Content starts

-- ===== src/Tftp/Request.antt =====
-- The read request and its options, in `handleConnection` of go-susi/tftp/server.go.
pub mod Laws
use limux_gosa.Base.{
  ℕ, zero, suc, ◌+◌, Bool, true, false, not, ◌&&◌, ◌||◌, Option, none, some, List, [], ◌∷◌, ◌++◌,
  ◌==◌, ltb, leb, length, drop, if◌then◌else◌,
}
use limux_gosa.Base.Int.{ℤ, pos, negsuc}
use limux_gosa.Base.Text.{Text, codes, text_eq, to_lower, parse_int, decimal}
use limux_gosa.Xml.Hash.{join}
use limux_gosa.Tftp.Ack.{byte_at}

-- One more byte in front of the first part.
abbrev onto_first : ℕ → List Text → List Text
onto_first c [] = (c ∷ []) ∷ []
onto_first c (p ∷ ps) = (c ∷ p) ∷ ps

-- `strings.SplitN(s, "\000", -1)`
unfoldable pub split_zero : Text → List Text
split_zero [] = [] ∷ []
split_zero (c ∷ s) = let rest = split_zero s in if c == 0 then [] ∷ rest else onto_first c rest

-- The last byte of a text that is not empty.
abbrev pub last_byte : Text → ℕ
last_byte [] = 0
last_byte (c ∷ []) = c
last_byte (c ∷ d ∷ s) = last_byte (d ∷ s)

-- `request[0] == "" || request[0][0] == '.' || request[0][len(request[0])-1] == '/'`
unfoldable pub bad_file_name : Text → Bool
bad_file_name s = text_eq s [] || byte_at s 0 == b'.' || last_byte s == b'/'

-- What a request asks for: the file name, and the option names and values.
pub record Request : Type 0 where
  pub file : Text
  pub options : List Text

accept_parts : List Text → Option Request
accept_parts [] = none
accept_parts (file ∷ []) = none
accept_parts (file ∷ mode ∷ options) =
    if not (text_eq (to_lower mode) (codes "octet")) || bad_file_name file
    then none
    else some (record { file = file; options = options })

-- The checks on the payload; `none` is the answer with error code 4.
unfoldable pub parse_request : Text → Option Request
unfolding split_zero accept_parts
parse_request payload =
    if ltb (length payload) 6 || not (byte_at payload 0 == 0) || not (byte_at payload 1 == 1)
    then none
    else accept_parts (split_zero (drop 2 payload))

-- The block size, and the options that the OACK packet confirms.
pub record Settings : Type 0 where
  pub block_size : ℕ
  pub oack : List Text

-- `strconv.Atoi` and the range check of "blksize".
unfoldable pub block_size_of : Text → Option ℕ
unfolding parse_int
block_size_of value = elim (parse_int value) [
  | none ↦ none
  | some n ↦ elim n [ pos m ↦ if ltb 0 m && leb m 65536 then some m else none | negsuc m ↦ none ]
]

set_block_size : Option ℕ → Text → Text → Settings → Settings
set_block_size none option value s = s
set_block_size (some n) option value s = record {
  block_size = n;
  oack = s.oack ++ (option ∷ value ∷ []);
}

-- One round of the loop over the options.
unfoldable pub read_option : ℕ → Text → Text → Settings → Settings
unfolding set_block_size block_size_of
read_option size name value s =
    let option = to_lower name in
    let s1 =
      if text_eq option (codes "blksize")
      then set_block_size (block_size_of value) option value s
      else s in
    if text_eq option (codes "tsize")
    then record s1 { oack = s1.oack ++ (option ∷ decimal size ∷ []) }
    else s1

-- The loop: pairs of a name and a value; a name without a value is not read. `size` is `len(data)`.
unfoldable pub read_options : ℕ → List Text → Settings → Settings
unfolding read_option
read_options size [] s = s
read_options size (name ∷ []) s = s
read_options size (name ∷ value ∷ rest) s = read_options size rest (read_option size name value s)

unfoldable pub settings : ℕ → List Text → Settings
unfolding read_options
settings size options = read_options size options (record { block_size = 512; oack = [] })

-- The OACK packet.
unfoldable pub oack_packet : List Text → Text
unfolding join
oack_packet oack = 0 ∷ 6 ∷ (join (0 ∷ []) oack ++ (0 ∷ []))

Content ends

Task details.
Look through the data above for the string "payload" and copy every line where it appears.

Reply to the task.
-- The checks on the payload; `none` is the answer with error code 4.
parse_request payload =
    if ltb (length payload) 6 || not (byte_at payload 0 == 0) || not (byte_at payload 1 == 1)
    else accept_parts (split_zero (drop 2 payload))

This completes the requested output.